The new gTLD Program from ICANN did more than just instantiate new domains. It
created new processes and most importantly the Trademark Clearinghouse(TMCH).

The TMCH is a database of validated trademarks from around the world.
[https://en.wikipedia.org/wiki/Trademark_Clearinghouse](https://en.wikipedia.org/wiki/Trademark_Clearinghouse)
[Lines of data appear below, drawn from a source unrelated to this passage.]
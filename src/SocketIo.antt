-- ===== src/SocketIo.antt =====
-- src/core/socket_server/socket_io.h: whole messages over a stream socket.
pub mod Stream
pub mod Send
pub mod Read
pub mod Progress
pub mod Frame
pub mod Separate
pub mod Alive
pub mod Ledger
use multisim.Base.{
  ℕ, zero, suc, ◌+◌, ◌-◌, Bool, true, false, [], ◌∷◌, ltb, if◌then◌else◌, Bytes, length, drop, Run,
  returned, running, Option, none, some,
}
use multisim.Os.{
  Os, Errno, eagain, ewouldblock, eintr, other, Ret, count, failed, Input, bytes, no_bytes, Events,
  pollin, pollout,
}

-- The errors after which a message that is under way goes on.
unfoldable pub is_transient : Errno → Bool
is_transient eagain = true
is_transient ewouldblock = true
is_transient eintr = true
is_transient (other n) = false

-- `dst[off..]` overwritten by `src`; what does not fit in `dst` is dropped.
abbrev pub write_at : Bytes → ℕ → Bytes → Bytes
write_at [] off src = []
write_at (x ∷ dst) zero [] = x ∷ dst
write_at (x ∷ dst) zero (b ∷ src) = b ∷ write_at dst zero src
write_at (x ∷ dst) (suc off) src = x ∷ write_at dst off src

-- How a round of one of the loops ends: with new variables, by a return, or never, in a call that does
-- not come back.
pub data Round (S : Type 0) : Type 0 where
  again : S → Round S
  leave : Ret → Round S
  blocked : Round S

module _ {World S : Type 0} where
  -- The loops return what `socket_wait_and_retry` gives, unless that is more than 0.
  pub retried : S → Option Ret × World → Round S × World
  retried s (some (count (suc k)), w) = (again s, w)
  retried s (some (count zero), w) = (leave (count 0), w)
  retried s (some (failed e), w) = (leave (failed e), w)
  retried s (none, w) = (blocked, w)

-- The next round, or the return; a call that does not come back leaves the loop running.
pub advance {ℓ} :
    {World S : Type 0} {R : Type ℓ}
    → Round S × World
    → (S → World → Run R)
    → (Ret → World → Run R)
    → Run R
advance (again s, w) next stop = next s w
advance (leave r, w) next stop = stop r w
advance (blocked, w) next stop = running

module _ (os : Os) where
  open os use {World, send, read, comes_back, wait}

  -- `none` where the poll(), which has no time limit, never comes back.
  pub socket_wait_and_retry : World → ℕ → Events → ℕ → Ret → Option Ret × World
  unfolding is_transient
  socket_wait_and_retry w fd events zero r = (some r, w)
  socket_wait_and_retry w fd events (suc n) (failed e) =
      if is_transient e
      then (if comes_back w fd events then some (count 1) else none, wait w fd events)
      else (some (count 0), w)
  socket_wait_and_retry w fd events (suc n) (count k) = (some (count 0), w)

  -- A round of `send_msg` with the result of its `send`.
  pub after_send : ℕ → ℕ → Ret × World → Round ℕ × World
  unfolding socket_wait_and_retry retried
  after_send fd done (count (suc k), w) = (again (done + suc k), w)
  after_send fd done (count zero, w) =
      retried done (socket_wait_and_retry w fd pollout done (count 0))
  after_send fd done (failed e, w) =
      retried done (socket_wait_and_retry w fd pollout done (failed e))

  -- `send_msg(fd, buf, size)` from `done` on, where `buf` has `size` bytes, with `fuel` rounds.
  pub send_loop : ℕ → World → ℕ → Bytes → ℕ → Run (Ret × World)
  unfolding after_send advance
  send_loop zero w fd buf done = running
  send_loop (suc fuel) w fd buf done =
      if ltb done (length buf)
      then advance (after_send fd done (send w fd (drop done buf)))
          (λ done' w'. send_loop fuel w' fd buf done') (λ r w'. returned (r, w'))
      else returned (count done, w)

  unfoldable pub send_msg : ℕ → World → ℕ → Bytes → Run (Ret × World)
  unfolding send_loop
  send_msg fuel w fd buf = send_loop fuel w fd buf 0

  -- A round of `read_msg` with the result of its `read`; `dst` is the memory at `buf`.
  pub after_read : ℕ → ℕ → Bytes → Input × World → Round (ℕ × Bytes) × World
  unfolding socket_wait_and_retry retried
  after_read fd done dst (bytes (b ∷ bs), w) =
      (again (done + length (b ∷ bs), write_at dst done (b ∷ bs)), w)
  after_read fd done dst (bytes [], w) =
      retried (done, dst) (socket_wait_and_retry w fd pollin done (count 0))
  after_read fd done dst (no_bytes e, w) =
      retried (done, dst) (socket_wait_and_retry w fd pollin done (failed e))

  -- `read_msg(fd, buf, size)` from `done` on, with `fuel` rounds, and the memory at `buf` after it.
  pub read_loop : ℕ → World → ℕ → ℕ → ℕ → Bytes → Run (Ret × Bytes × World)
  unfolding after_read advance
  read_loop zero w fd size done dst = running
  read_loop (suc fuel) w fd size done dst =
      if ltb done size
      then advance (after_read fd done dst (read w fd (size - done)))
          (λ s w'. read_loop fuel w' fd size s.0 s.1) (λ r w'. returned (r, dst, w'))
      else returned (count done, dst, w)

  unfoldable pub read_msg : ℕ → World → ℕ → ℕ → Bytes → Run (Ret × Bytes × World)
  unfolding read_loop
  read_msg fuel w fd size dst = read_loop fuel w fd size 0 dst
Along with the TMCH ICANN also created the Domain Protected Marks List(DPML).
When registries open up a new gTLD for registrations they must start with a
sunrise period. During this sunrise period a registry can allow trademark
holders whose trademark is registered in the TMCH early access to their
trademark.gTLD. This special sunrise price is set by the registry and can
basically be anything. Initially .sucks was talking about charging $25,000,
but they lowered it to $2,500.

After the sunrise period anyone can register a .sucks domain on a first-come,
first-serve basis. The important thing to remember is that after the sunrise
period the price discrimination goes away and both trademark holders and the
general public pay the same amount for domain names.

I'm a grad student at UC Berkeley who researches this stuff so AMA. I also
wrote the Wikipedia page for the Trademark Clearinghouse so I can vouch for
its correctness.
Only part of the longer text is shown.